Сия учтивость, сия приветливость, сия ласковость, которая свойственна нашему времени и которую новые Тимоны[53] называют сусальным золотом осьмого-надесять века, в глазах философа есть истинная добродетель общежития и следствие утонченного человеколюбия. Не спорю, что отереть слезы бедного, отвратить грозную бурю от своего брата гораздо похвальнее и важнее, нежели приласкать человека добрым словом или улыбкою; но все то, чем мы можем доставить друг другу невинное удовольствие, есть должность наша – и кто хотя одну минуту жизни сделал для меня приятною, тот есть мой благодетель. Мудрая, любезная натура не только дает нам пищу; она производит еще и алую розу и белую лилию, которые не нужны для нашего физического существования – но они приятны для обоняния, для глаз наших, и натура производит их. Учтивость, приветливость есть цвет общежития.
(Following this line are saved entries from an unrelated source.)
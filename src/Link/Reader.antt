-- ===== src/Link/Reader.antt =====
-- Reading a frame: `eSL_ReadMessage` with its receive state machine.
-- What the function keeps in statics, and what it fills in through its caller's pointers, is one
-- record. The input is the list of the bytes that `bSL_RxByte` delivers; at its end the call
-- returns E_SL_NOMESSAGE.
pub mod Bytes
pub mod Safe
pub mod RoundTrip
use dm_matter_zigbee_bridge.Prelude.{
  ℕ, ◌+◌, ◌*◌, ◌%◌, bit_xor, Bool, true, false, List, [], ◌∷◌, length, set, ltb, ◌==◌,
  if◌then◌else◌, Run, done, fault, ◌>>=◌,
}
use dm_matter_zigbee_bridge.Link.{start_char, esc_char, end_char, SlStatus, ok, no_message}
use dm_matter_zigbee_bridge.Link.Frame.{calculate_crc}

-- teSL_RxState.
pub data RxState : Type 0 where
  wait_start wait_type_msb wait_type_lsb wait_len_msb wait_len_lsb wait_crc wait_data : RxState

pub record Rx : Type 0 where
  pub state : RxState
  pub crc : ℕ
  pub count : ℕ
  pub in_esc : Bool
  pub type : ℕ
  pub len : ℕ
  pub message : List ℕ

-- `pu8Message[i] = b`, where the array holds as many bytes as the list
abbrev pub store : List ℕ → ℕ → ℕ → Run (List ℕ)
store message i b = if ltb i (length message) then done (set message i b) else fault

-- The inner `switch (eRxState)`, on a byte that is unescaped already.
pub accept : ℕ → RxState → ℕ → Rx → Run Rx
accept max wait_start b r = done r
accept max wait_type_msb b r = done (record r { type = b * 256 % 65536; state = wait_type_lsb })
accept max wait_type_lsb b r = done (record r { type = (r.type + b) % 65536; state = wait_len_msb })
accept max wait_len_msb b r = done (record r { len = b * 256 % 65536; state = wait_len_lsb })
accept max wait_len_lsb b r =
    let len = (r.len + b) % 65536 in
    done (record r { len = len; state = if ltb max len then wait_start else wait_crc })
accept max wait_crc b r = done (record r { crc = b; state = wait_data })
accept max wait_data b r =
    let stored = store r.message r.count b >>= λ m.
    done (record r { message = m; count = (r.count + 1) % 65536 }) in
    if ltb r.count r.len then stored else done r

-- `case SL_END_CHAR`; the flag says that the call returns E_SL_OK.
pub rx_end : ℕ → Rx → Run (Bool × Rx)
rx_end max r =
    let checked = calculate_crc r.type r.len r.message >>= λ crc. done (r.crc == crc, r) in
    if ltb r.len max then checked else done (false, r)

-- `default`
pub rx_default : ℕ → ℕ → Rx → Run (Bool × Rx)
rx_default max b r =
    accept max r.state (if r.in_esc then bit_xor b 0x10 else b) (record r { in_esc = false })
    >>= λ r'. done (false, r')

-- One round of the loop.
pub rx_byte : ℕ → ℕ → Rx → Run (Bool × Rx)
rx_byte max b r =
    if b == start_char
    then done (false, record r { count = 0; in_esc = false; state = wait_type_msb })
    else if b == esc_char
    then done (false, record r { in_esc = true })
    else if b == end_char
    then rx_end max (record r { state = wait_start })
    else rx_default max b r

-- The status, the state left behind, and the bytes not yet read.
unfoldable pub read_message : ℕ → Rx → List ℕ → Run (SlStatus × Rx × List ℕ)
read_message max r [] = done (no_message, r, [])
read_message max r (b ∷ bytes) = rx_byte max b r >>= λ p. elim p.0 [
  | true ↦ done (ok, p.1, bytes)
  | false ↦ read_message max p.1 bytes
]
«Спартанцы не знали ни наук, ни искусств, – говорит наш мизософ, – и были добродетельнее прочих греков, – и были непобедимы. Когда невежество царствовало в Риме, тогда римляне повелевали миром; но Рим просветился, и северные варвары наложили на него цепи рабства»[54].
Просвещенные Афины, где, так сказать, возрастали все наши искусства и науки, – Афины производили также своих героев, которые в великодушии и храбрости не уступали лакедемонским. Фемистокл, Аристид, Фокион! Кто не удивляется вашему величию? Вы сияете в истории человечества, как благодетельные светила, – и вечно сиять будете! – Сам божественный Сократ, первый из мудрецов древности, был храбрый воин; от высочайших умозрений философии летел он на поле брани умирать за любезные Афины – и я не знаю, кто более имеет причин любить и защищать свое отечество – сын Софронисков3 или какой-нибудь абдерит4: первый наслаждается в нем всеми благами жизни, цветами природы, искусства, самим собою, своим человечеством, силами и способностями души своей; а второй в благословенной Абдере –
Что принадлежит до Рима, то науки не могли быть причиною его падения, когда Сципионы посвящали им все свободные часы свои и были Сципионами; когда Катон, умирая вместе с республикою, в последнюю ночь жизни своей читал Платона; когда Цицерон, ученейший римлянин своего времени, презирал опасность и гремел против Катилины. Сии герои были питомцы наук, и притом герои; более таких мужей – и Рим бессмертен в своем величии!
Я согласен, что чрезмерная роскошь, которая царствовала наконец в Риме, была пагубна для республики: но какую связь имеет роскошь с науками? Сия политическая и нравственная язва перешла в Рим из стран азиатских вместе с великим богатством, которое бывает ее источником и пищею. Чем же обогатились потомки Ромуловы? Конечно, не науками, но завоеваниями – и таким образом причина славы их сделалась наконец причиною их погибели.
Успех самых
И кто имеет более алчности к богатству – просвещенный человек или невежда? Человек с дарованиями или глупец? Философ ценит умозрения свои дороже золота. Архимед не взял бы миллионов за ту минуту, в которую воскликнул он: «Эврика! Нашел! Нашел!» Камоэнс не думал о своем имении, когда тонул корабль его, но, бросившись в море, держал он в правой руке «Лузиаду». Сии отменные люди находят в самих себе источник живейших удовольствий – и по тому самому богатство не может быть их идолом.